↓↓↓
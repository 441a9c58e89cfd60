-- ===== src/EfirstPool.antt =====
-- src/margo-efirst-pool.c
pub mod Heap
pub mod Queue
pub mod UnitCalls
pub mod PrioLaws
pub mod Fifo
pub mod Laws
pub mod Push
pub mod Pop
mod Tests
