-- ===== src/EfirstPool/Heap/Order.antt =====
-- src/margo-efirst-pool.c: the order of the heap.
use mochi_margo.Base.{ℕ, zero, suc, ◌/◌, ◌≤◌, ◌<◌, ◌≡◌, ◌≢◌, arith}

module _ (key : ℕ → ℕ) where
  -- No entry has a key below that of its parent.
  abbrev pub IsHeap : (ℕ → ℕ) → ℕ → Type 0
  IsHeap e n = (c : ℕ) → 2 ≤ c → c ≤ n → key (e (c / 2)) ≤ key (e c)

  -- With a hole at i: the edges away from the hole are in order, and so are the two edges that
  -- meet there, taken as one.
  pub record IsHeapBut (i : ℕ) (e : ℕ → ℕ) (n : ℕ) : Type 0 where
    pub inside : 1 ≤ i
    pub edges : (c : ℕ) → 2 ≤ c → c ≤ n → c ≢ i → c / 2 ≢ i → key (e (c / 2)) ≤ key (e c)
    pub bridged : (c : ℕ) → c ≤ n → c / 2 ≡ i → 2 ≤ i → key (e (i / 2)) ≤ key (e c)

  root_least_below :
      (k : ℕ) (e : ℕ → ℕ) (n i : ℕ) → IsHeap e n → i < k → 1 ≤ i → i ≤ n → key (e 1) ≤ key (e i)
  root_least_below zero e n i h f p q = absurd (omega arith)
  root_least_below (suc k) e n zero h f p q = absurd (omega arith)
  root_least_below (suc k) e n (suc zero) h f p q = omega arith
  root_least_below (suc k) e n (suc (suc i)) h f p q = omega (
    arith,
    h (suc (suc i)) (omega arith) q,
    root_least_below k e n (suc (suc i) / 2) h (omega arith) (omega arith) (omega arith),
  )

  -- The entry at index 1 has the least key.
  pub root_least : (e : ℕ → ℕ) (n i : ℕ) → IsHeap e n → 1 ≤ i → i ≤ n → key (e 1) ≤ key (e i)
  root_least e n i h p q = root_least_below (suc i) e n i h (omega arith) p q

-- The order depends only on the keys of the entries.
pub IsHeap-ext :
    (key key' e : ℕ → ℕ) (n : ℕ)
    → ((i : ℕ) → 1 ≤ i → i ≤ n → key' (e i) ≡ key (e i))
    → IsHeap key e n
    → IsHeap key' e n
IsHeap-ext key key' e n same h c p q =
    omega (arith, h c p q, same c (omega arith) q, same (c / 2) (omega arith) (omega arith))
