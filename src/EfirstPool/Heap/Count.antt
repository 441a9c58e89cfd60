-- ===== src/EfirstPool/Heap/Count.antt =====
-- src/margo-efirst-pool.c: how often a unit stands among the entries 1 to n.
use mochi_margo.Base.{
  ℕ, zero, suc, ◌+◌, ◌≤◌, ◌<◌, ◌≡◌, ◌≢◌, inl, inr, Bool-cases, subst, sym, arith, ◌==◌,
  if◌then◌else◌, update, refl,
}

abbrev pub one_if : ℕ → ℕ → ℕ
one_if a b = if a == b then 1 else 0

pub count : ℕ → (ℕ → ℕ) → ℕ → ℕ
count a e zero = 0
count a e (suc n) = count a e n + one_if a (e (suc n))

pub count-zero : (a : ℕ) (e : ℕ → ℕ) → count a e 0 ≡ 0
unfolding count
count-zero a e = refl

pub count-suc : (a : ℕ) (e : ℕ → ℕ) (n : ℕ) → count a e (suc n) ≡ count a e n + one_if a (e (suc n))
unfolding count
count-suc a e n = refl

pub count-update_above :
    (a : ℕ) (e : ℕ → ℕ) (n i v : ℕ) → n < i → count a (update e i v) n ≡ count a e n
unfolding count
count-update_above a e zero i v h = refl
count-update_above a e (suc n) i v h = ground (arith, count-update_above a e n i v)

-- To write an entry trades the old one for the new one.
pub count-update :
    (a : ℕ) (e : ℕ → ℕ) (n i v : ℕ)
    → 1 ≤ i
    → i ≤ n
    → count a (update e i v) n + one_if a (e i) ≡ count a e n + one_if a v
unfolding count
count-update a e zero i v p q = absurd (omega arith)
count-update a e (suc n) i v p q =
    ground (arith, count-update a e n i v, count-update_above a e n i v)

-- A unit that is counted stands at some index.
pub index_of_count :
    (a : ℕ) (e : ℕ → ℕ) (n : ℕ) → 0 < count a e n → (i : ℕ) × (1 ≤ i) × (i ≤ n) × (e i ≡ a)
unfolding count
index_of_count a e zero h = absurd (omega arith)
index_of_count a e (suc n) h = elim (Bool-cases (a == e (suc n))) [
  | inl here ↦ (suc n, omega arith, omega arith, ground arith)
  | inr other ↦ let (i, p, q, r) = index_of_count a e n (ground arith) in (i, p, omega arith, r)
]

-- A unit that is not counted stands at no index.
pub ne_of_count-zero : (a : ℕ) (e : ℕ → ℕ) (n i : ℕ) → count a e n ≡ 0 → 1 ≤ i → i ≤ n → e i ≢ a
unfolding count
ne_of_count-zero a e zero i h p q = absurd (omega arith)
ne_of_count-zero a e (suc n) i h p q = elim (Bool-cases (i == suc n)) [
  | inl last ↦ ground arith
  | inr below ↦ ne_of_count-zero a e n i (ground arith) p (ground arith)
]

-- An entry written behind the others.
pub count-snoc :
    (a : ℕ) (e : ℕ → ℕ) (n i v : ℕ)
    → i ≡ suc n
    → count a (update e i v) i ≡ count a e n + one_if a v
count-snoc a e n i v h =
    subst (λ j. count a (update e j v) j ≡ count a e n + one_if a v) (sym h) last
  where
    last : count a (update e (suc n) v) (suc n) ≡ count a e n + one_if a v
    last = ground (
      arith,
      count-suc a (update e (suc n) v) n,
      count-update_above a e n (suc n) v (omega arith),
    )

-- The last entry taken off.
pub count-last :
    (a : ℕ) (e : ℕ → ℕ) (n i : ℕ) → i ≡ suc n → count a e i ≡ count a e n + one_if a (e i)
count-last a e n i h =
    subst (λ j. count a e j ≡ count a e n + one_if a (e j)) (sym h) (count-suc a e n)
↑↑↑
▸ Goal of the exercise: Retype every line of the listing, word for word, from its opening line to the line that holds "IsHeap e n = (c", and include that last line too.

▸ Your solution:
repository 441a9c58e89cfd60
-- ===== src/EfirstPool.antt =====
-- src/margo-efirst-pool.c
pub mod Heap
pub mod Queue
pub mod UnitCalls
pub mod PrioLaws
pub mod Fifo
pub mod Laws
pub mod Push
pub mod Pop
mod Tests
-- ===== src/EfirstPool/Heap/Order.antt =====
-- src/margo-efirst-pool.c: the order of the heap.
use mochi_margo.Base.{ℕ, zero, suc, ◌/◌, ◌≤◌, ◌<◌, ◌≡◌, ◌≢◌, arith}

module _ (key : ℕ → ℕ) where
  -- No entry has a key below that of its parent.
  abbrev pub IsHeap : (ℕ → ℕ) → ℕ → Type 0
  IsHeap e n = (c : ℕ) → 2 ≤ c → c ≤ n → key (e (c / 2)) ≤ key (e c)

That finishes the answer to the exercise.